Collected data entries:
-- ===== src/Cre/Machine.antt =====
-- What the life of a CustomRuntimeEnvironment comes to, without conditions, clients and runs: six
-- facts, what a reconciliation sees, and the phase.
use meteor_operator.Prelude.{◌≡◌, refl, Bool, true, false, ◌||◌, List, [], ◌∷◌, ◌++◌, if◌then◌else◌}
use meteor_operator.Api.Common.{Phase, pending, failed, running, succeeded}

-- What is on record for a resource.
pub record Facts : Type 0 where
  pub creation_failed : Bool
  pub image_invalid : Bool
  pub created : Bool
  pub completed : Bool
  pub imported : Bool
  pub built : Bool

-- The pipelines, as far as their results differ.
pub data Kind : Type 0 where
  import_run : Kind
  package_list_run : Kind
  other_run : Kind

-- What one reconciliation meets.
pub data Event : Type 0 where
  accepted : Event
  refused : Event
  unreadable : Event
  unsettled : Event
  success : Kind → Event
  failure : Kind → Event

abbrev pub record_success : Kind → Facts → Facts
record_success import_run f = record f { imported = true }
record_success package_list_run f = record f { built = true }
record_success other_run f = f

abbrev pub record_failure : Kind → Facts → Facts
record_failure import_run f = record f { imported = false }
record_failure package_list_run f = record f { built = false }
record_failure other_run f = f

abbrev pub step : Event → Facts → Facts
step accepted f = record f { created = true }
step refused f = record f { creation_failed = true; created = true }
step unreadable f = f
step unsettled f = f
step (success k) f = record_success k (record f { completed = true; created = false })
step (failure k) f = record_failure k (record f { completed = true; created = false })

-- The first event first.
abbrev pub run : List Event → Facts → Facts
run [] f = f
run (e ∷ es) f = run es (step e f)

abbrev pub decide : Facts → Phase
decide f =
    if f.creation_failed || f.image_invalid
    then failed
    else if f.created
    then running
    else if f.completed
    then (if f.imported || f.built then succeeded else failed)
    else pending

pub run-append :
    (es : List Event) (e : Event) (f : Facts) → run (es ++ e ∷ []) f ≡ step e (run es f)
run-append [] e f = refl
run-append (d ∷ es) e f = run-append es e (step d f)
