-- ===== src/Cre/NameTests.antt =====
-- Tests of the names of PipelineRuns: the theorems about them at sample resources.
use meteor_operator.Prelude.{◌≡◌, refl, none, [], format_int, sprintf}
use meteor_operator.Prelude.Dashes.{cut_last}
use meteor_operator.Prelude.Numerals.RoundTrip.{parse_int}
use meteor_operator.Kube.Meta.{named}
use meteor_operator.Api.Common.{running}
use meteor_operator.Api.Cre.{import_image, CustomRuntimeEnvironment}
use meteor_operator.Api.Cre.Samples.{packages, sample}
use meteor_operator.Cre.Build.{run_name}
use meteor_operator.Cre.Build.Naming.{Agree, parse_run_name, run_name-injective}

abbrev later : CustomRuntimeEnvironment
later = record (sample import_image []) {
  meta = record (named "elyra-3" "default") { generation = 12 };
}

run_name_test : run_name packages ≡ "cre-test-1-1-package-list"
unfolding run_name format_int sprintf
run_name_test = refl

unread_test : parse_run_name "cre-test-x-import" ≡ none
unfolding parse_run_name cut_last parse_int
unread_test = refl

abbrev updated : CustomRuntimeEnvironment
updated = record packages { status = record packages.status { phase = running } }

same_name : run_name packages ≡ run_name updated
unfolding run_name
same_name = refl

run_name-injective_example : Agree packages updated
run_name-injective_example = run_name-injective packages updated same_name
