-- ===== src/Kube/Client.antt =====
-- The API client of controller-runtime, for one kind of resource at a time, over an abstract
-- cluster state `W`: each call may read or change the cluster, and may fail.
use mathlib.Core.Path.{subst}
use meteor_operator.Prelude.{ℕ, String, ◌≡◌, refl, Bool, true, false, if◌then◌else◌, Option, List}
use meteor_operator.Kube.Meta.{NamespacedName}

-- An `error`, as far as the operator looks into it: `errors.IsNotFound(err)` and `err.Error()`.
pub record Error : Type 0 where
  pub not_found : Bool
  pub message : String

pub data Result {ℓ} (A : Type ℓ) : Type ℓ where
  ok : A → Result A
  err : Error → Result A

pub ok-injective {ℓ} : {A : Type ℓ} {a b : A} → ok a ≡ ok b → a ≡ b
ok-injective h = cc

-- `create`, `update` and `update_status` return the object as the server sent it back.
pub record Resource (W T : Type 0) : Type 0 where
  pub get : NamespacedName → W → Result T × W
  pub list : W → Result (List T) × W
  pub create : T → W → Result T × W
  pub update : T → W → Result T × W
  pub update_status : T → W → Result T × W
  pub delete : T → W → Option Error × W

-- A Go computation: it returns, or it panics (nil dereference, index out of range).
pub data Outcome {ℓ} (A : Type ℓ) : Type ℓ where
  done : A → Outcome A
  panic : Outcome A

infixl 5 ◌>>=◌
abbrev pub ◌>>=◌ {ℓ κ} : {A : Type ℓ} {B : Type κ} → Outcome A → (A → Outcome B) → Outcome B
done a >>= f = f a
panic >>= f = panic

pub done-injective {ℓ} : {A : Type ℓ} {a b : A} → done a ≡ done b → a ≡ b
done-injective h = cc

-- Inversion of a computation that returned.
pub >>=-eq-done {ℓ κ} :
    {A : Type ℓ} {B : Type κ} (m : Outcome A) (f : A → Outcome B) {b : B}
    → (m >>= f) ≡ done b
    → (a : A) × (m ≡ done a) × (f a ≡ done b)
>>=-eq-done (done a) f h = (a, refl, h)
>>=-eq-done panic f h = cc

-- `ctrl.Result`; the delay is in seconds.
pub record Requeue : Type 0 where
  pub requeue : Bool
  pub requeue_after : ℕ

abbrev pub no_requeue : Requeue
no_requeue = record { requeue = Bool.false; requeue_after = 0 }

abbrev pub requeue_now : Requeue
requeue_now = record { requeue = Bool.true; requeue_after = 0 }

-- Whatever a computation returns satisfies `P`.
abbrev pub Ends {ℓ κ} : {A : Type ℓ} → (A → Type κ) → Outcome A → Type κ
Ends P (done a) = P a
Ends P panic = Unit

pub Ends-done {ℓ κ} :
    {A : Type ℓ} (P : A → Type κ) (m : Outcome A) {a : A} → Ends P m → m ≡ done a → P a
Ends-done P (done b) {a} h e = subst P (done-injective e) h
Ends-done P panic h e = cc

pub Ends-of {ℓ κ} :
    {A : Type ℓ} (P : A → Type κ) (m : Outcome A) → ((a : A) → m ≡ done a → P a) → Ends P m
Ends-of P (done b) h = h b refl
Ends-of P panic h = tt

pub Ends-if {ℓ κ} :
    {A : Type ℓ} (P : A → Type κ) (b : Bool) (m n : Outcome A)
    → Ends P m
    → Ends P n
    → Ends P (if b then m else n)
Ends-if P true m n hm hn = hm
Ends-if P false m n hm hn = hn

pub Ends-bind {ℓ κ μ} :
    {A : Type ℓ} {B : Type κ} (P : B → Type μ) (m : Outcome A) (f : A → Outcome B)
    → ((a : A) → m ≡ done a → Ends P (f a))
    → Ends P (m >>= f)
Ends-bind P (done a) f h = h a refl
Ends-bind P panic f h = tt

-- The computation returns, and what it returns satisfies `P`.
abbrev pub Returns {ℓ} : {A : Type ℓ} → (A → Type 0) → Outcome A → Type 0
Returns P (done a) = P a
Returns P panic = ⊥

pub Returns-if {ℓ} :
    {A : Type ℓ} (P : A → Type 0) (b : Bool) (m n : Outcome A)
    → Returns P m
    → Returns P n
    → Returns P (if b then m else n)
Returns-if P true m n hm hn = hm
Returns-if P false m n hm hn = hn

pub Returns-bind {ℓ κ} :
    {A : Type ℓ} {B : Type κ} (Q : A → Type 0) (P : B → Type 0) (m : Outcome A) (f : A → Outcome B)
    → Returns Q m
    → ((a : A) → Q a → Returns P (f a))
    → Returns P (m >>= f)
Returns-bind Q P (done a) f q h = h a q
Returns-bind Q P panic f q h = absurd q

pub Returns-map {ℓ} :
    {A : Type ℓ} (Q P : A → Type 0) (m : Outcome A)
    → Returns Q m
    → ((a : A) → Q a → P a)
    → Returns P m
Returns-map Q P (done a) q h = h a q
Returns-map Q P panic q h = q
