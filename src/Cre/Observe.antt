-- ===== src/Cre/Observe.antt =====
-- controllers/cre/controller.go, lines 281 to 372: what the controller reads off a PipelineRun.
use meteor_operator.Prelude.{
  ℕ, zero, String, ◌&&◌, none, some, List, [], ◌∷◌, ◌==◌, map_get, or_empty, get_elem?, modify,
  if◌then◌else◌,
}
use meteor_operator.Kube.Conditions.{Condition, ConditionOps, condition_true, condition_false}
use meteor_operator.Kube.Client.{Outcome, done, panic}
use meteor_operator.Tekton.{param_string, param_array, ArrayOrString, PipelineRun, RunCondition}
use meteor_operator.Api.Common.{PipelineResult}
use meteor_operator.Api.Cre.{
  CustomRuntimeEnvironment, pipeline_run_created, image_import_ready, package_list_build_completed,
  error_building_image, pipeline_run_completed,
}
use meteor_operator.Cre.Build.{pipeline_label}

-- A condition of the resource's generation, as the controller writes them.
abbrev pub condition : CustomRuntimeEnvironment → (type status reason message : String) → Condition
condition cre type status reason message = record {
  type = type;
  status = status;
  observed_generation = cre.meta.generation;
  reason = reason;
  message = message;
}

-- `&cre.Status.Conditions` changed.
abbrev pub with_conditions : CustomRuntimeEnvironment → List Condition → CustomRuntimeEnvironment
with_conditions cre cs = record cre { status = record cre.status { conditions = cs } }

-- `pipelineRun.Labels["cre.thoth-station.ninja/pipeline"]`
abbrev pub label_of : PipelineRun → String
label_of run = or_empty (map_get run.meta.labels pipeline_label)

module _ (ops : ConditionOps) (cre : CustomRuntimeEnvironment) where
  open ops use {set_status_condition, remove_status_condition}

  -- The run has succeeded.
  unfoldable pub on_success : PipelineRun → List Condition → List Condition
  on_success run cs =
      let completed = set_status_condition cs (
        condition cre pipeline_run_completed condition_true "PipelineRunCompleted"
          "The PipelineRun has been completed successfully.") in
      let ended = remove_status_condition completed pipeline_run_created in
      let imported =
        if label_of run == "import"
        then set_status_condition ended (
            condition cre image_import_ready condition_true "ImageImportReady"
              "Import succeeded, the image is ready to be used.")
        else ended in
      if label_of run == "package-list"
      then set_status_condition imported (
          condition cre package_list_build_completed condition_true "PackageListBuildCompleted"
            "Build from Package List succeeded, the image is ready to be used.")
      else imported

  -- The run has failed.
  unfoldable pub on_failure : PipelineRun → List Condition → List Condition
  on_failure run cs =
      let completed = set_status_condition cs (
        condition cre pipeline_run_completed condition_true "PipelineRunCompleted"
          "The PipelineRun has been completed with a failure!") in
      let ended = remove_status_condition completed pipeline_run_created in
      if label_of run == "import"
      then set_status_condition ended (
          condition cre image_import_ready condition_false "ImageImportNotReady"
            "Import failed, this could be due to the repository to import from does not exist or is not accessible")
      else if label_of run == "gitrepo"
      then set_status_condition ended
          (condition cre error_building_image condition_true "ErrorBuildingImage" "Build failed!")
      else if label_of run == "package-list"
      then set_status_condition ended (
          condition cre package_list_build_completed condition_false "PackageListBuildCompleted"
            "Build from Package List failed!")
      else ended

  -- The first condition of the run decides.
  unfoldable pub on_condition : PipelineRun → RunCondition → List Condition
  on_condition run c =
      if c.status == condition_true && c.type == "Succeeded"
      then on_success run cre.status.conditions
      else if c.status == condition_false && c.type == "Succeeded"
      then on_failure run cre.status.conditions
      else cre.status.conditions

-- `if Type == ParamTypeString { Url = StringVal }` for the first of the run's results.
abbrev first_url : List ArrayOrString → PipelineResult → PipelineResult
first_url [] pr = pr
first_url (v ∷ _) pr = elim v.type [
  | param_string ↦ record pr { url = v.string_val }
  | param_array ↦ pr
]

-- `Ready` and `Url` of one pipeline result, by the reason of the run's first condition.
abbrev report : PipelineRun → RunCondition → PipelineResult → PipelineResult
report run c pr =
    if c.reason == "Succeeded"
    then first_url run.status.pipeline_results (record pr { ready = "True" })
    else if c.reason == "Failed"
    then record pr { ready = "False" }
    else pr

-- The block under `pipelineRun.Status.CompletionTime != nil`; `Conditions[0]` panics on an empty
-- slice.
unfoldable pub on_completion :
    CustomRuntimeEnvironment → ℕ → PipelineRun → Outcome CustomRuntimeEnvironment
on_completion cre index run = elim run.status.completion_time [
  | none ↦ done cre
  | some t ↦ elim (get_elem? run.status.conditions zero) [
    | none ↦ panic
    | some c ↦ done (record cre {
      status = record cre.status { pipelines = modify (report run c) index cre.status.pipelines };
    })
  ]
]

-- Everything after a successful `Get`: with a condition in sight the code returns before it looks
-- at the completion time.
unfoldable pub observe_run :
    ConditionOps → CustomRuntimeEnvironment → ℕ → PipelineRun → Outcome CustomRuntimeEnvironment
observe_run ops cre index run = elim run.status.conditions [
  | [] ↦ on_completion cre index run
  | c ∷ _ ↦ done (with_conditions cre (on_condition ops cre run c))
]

--- Exercise directions ---
For the lines above, output exactly those from the line containing "panic >>= f = panic" through the line containing "abbrev pub no_requeue : Requeue", and skip the others.

--- Exercise solution ---
panic >>= f = panic

pub done-injective {ℓ} : {A : Type ℓ} {a b : A} → done a ≡ done b → a ≡ b
done-injective h = cc

-- Inversion of a computation that returned.
pub >>=-eq-done {ℓ κ} :
    {A : Type ℓ} {B : Type κ} (m : Outcome A) (f : A → Outcome B) {b : B}
    → (m >>= f) ≡ done b
    → (a : A) × (m ≡ done a) × (f a ≡ done b)
>>=-eq-done (done a) f h = (a, refl, h)
>>=-eq-done panic f h = cc

-- `ctrl.Result`; the delay is in seconds.
pub record Requeue : Type 0 where
  pub requeue : Bool
  pub requeue_after : ℕ

abbrev pub no_requeue : Requeue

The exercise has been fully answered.